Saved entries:
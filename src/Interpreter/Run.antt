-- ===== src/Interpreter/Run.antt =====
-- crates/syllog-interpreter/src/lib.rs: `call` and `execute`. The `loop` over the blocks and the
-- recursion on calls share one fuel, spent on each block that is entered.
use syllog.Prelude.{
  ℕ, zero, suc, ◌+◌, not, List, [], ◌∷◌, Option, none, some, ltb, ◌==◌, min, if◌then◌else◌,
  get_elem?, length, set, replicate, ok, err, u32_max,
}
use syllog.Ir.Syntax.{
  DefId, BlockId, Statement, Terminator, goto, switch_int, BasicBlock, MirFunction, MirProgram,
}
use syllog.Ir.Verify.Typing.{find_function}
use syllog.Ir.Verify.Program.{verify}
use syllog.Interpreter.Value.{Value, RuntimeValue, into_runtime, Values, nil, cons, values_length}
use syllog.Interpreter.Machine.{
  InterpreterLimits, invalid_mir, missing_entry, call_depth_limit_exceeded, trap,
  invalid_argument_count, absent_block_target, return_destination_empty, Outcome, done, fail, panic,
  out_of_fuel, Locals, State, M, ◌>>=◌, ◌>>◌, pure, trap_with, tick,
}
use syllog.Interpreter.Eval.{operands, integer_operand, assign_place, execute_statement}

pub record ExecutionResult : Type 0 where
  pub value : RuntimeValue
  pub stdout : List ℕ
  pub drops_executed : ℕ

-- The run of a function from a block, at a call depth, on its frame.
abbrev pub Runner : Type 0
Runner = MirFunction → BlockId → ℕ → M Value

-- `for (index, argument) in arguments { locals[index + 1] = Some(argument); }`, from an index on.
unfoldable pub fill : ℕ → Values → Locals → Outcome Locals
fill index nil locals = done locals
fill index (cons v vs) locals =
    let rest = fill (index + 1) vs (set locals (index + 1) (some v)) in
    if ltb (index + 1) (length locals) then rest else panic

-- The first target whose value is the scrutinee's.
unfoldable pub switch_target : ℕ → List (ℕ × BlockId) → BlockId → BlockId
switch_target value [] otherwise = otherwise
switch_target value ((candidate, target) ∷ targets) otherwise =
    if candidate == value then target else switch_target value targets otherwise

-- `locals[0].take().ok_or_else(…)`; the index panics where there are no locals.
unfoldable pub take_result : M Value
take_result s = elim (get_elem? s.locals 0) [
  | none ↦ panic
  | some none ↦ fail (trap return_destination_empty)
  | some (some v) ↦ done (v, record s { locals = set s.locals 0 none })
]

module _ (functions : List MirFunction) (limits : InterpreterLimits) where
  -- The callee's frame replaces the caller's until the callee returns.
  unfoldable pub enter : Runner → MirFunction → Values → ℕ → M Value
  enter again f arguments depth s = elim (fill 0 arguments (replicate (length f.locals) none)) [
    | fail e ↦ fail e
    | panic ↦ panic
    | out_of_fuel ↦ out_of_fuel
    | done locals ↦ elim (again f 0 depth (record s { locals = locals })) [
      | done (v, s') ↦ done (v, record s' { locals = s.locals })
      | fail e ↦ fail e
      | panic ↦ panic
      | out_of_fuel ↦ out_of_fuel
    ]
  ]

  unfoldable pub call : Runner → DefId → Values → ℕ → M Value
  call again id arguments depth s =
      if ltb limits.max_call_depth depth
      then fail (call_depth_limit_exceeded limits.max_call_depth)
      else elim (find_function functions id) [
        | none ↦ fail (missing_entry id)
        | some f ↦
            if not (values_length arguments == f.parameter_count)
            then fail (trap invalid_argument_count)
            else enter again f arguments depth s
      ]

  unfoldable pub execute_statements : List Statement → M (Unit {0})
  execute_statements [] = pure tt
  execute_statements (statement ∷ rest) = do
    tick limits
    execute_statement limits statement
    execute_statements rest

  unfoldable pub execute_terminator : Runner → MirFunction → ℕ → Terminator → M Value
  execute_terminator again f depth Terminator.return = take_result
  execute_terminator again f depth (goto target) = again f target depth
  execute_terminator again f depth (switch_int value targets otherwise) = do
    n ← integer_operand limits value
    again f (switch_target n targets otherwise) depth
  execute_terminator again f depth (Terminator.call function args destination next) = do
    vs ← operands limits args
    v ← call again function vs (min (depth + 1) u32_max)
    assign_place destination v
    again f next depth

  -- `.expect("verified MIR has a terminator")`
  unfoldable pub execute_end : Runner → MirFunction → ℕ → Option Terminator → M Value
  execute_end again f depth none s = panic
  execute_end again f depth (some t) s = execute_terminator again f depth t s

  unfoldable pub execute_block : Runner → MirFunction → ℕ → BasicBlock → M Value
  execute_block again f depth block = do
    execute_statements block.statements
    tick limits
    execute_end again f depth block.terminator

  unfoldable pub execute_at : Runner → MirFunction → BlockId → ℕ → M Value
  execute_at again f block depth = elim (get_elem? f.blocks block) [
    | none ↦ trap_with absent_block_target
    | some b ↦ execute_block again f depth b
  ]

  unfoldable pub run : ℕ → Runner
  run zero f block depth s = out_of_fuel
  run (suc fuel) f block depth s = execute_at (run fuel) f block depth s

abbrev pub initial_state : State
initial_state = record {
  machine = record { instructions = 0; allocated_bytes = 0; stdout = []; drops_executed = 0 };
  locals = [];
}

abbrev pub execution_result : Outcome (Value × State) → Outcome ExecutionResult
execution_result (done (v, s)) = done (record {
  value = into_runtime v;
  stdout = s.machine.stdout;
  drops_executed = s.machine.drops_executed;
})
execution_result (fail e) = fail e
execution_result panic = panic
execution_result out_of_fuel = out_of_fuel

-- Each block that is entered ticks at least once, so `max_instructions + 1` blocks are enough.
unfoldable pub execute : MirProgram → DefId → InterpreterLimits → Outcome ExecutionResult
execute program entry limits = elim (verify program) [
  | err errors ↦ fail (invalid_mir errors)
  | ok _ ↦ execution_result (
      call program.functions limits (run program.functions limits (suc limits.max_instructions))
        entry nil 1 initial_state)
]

## Task objective
Give the data again, exactly.

## Expected answer
filename src/Interpreter/Run.antt
-- ===== src/Interpreter/Run.antt =====
-- crates/syllog-interpreter/src/lib.rs: `call` and `execute`. The `loop` over the blocks and the
-- recursion on calls share one fuel, spent on each block that is entered.
use syllog.Prelude.{
  ℕ, zero, suc, ◌+◌, not, List, [], ◌∷◌, Option, none, some, ltb, ◌==◌, min, if◌then◌else◌,
  get_elem?, length, set, replicate, ok, err, u32_max,
}
use syllog.Ir.Syntax.{
  DefId, BlockId, Statement, Terminator, goto, switch_int, BasicBlock, MirFunction, MirProgram,
}
use syllog.Ir.Verify.Typing.{find_function}
use syllog.Ir.Verify.Program.{verify}
use syllog.Interpreter.Value.{Value, RuntimeValue, into_runtime, Values, nil, cons, values_length}
use syllog.Interpreter.Machine.{
  InterpreterLimits, invalid_mir, missing_entry, call_depth_limit_exceeded, trap,
  invalid_argument_count, absent_block_target, return_destination_empty, Outcome, done, fail, panic,
  out_of_fuel, Locals, State, M, ◌>>=◌, ◌>>◌, pure, trap_with, tick,
}
use syllog.Interpreter.Eval.{operands, integer_operand, assign_place, execute_statement}

pub record ExecutionResult : Type 0 where
  pub value : RuntimeValue
  pub stdout : List ℕ
  pub drops_executed : ℕ

-- The run of a function from a block, at a call depth, on its frame.
abbrev pub Runner : Type 0
Runner = MirFunction → BlockId → ℕ → M Value

-- `for (index, argument) in arguments { locals[index + 1] = Some(argument); }`, from an index on.
unfoldable pub fill : ℕ → Values → Locals → Outcome Locals
fill index nil locals = done locals
fill index (cons v vs) locals =
    let rest = fill (index + 1) vs (set locals (index + 1) (some v)) in
    if ltb (index + 1) (length locals) then rest else panic

-- The first target whose value is the scrutinee's.
unfoldable pub switch_target : ℕ → List (ℕ × BlockId) → BlockId → BlockId
switch_target value [] otherwise = otherwise
switch_target value ((candidate, target) ∷ targets) otherwise =
    if candidate == value then target else switch_target value targets otherwise

-- `locals[0].take().ok_or_else(…)`; the index panics where there are no locals.
unfoldable pub take_result : M Value
take_result s = elim (get_elem? s.locals 0) [
  | none ↦ panic
  | some none ↦ fail (trap return_destination_empty)
  | some (some v) ↦ done (v, record s { locals = set s.locals 0 none })
]

module _ (functions : List MirFunction) (limits : InterpreterLimits) where
  -- The callee's frame replaces the caller's until the callee returns.
  unfoldable pub enter : Runner → MirFunction → Values → ℕ → M Value
  enter again f arguments depth s = elim (fill 0 arguments (replicate (length f.locals) none)) [
    | fail e ↦ fail e
    | panic ↦ panic
    | out_of_fuel ↦ out_of_fuel
    | done locals ↦ elim (again f 0 depth (record s { locals = locals })) [
      | done (v, s') ↦ done (v, record s' { locals = s.locals })
      | fail e ↦ fail e
      | panic ↦ panic
      | out_of_fuel ↦ out_of_fuel
    ]
  ]

  unfoldable pub call : Runner → DefId → Values → ℕ → M Value
  call again id arguments depth s =
      if ltb limits.max_call_depth depth
      then fail (call_depth_limit_exceeded limits.max_call_depth)
      else elim (find_function functions id) [
        | none ↦ fail (missing_entry id)
        | some f ↦
            if not (values_length arguments == f.parameter_count)
            then fail (trap invalid_argument_count)
            else enter again f arguments depth s
      ]

  unfoldable pub execute_statements : List Statement → M (Unit {0})
  execute_statements [] = pure tt
  execute_statements (statement ∷ rest) = do
    tick limits
    execute_statement limits statement
    execute_statements rest

  unfoldable pub execute_terminator : Runner → MirFunction → ℕ → Terminator → M Value
  execute_terminator again f depth Terminator.return = take_result
  execute_terminator again f depth (goto target) = again f target depth
  execute_terminator again f depth (switch_int value targets otherwise) = do
    n ← integer_operand limits value
    again f (switch_target n targets otherwise) depth
  execute_terminator again f depth (Terminator.call function args destination next) = do
    vs ← operands limits args
    v ← call again function vs (min (depth + 1) u32_max)
    assign_place destination v
    again f next depth

  -- `.expect("verified MIR has a terminator")`
  unfoldable pub execute_end : Runner → MirFunction → ℕ → Option Terminator → M Value
  execute_end again f depth none s = panic
  execute_end again f depth (some t) s = execute_terminator again f depth t s

  unfoldable pub execute_block : Runner → MirFunction → ℕ → BasicBlock → M Value
  execute_block again f depth block = do
    execute_statements block.statements
    tick limits
    execute_end again f depth block.terminator

  unfoldable pub execute_at : Runner → MirFunction → BlockId → ℕ → M Value
  execute_at again f block depth = elim (get_elem? f.blocks block) [
    | none ↦ trap_with absent_block_target
    | some b ↦ execute_block again f depth b
  ]

  unfoldable pub run : ℕ → Runner
  run zero f block depth s = out_of_fuel
  run (suc fuel) f block depth s = execute_at (run fuel) f block depth s

abbrev pub initial_state : State
initial_state = record {
  machine = record { instructions = 0; allocated_bytes = 0; stdout = []; drops_executed = 0 };
  locals = [];
}

abbrev pub execution_result : Outcome (Value × State) → Outcome ExecutionResult
execution_result (done (v, s)) = done (record {
  value = into_runtime v;
  stdout = s.machine.stdout;
  drops_executed = s.machine.drops_executed;
})
execution_result (fail e) = fail e
execution_result panic = panic
execution_result out_of_fuel = out_of_fuel

-- Each block that is entered ticks at least once, so `max_instructions + 1` blocks are enough.
unfoldable pub execute : MirProgram → DefId → InterpreterLimits → Outcome ExecutionResult
execute program entry limits = elim (verify program) [
  | err errors ↦ fail (invalid_mir errors)
  | ok _ ↦ execution_result (
      call program.functions limits (run program.functions limits (suc limits.max_instructions))
        entry nil 1 initial_state)
]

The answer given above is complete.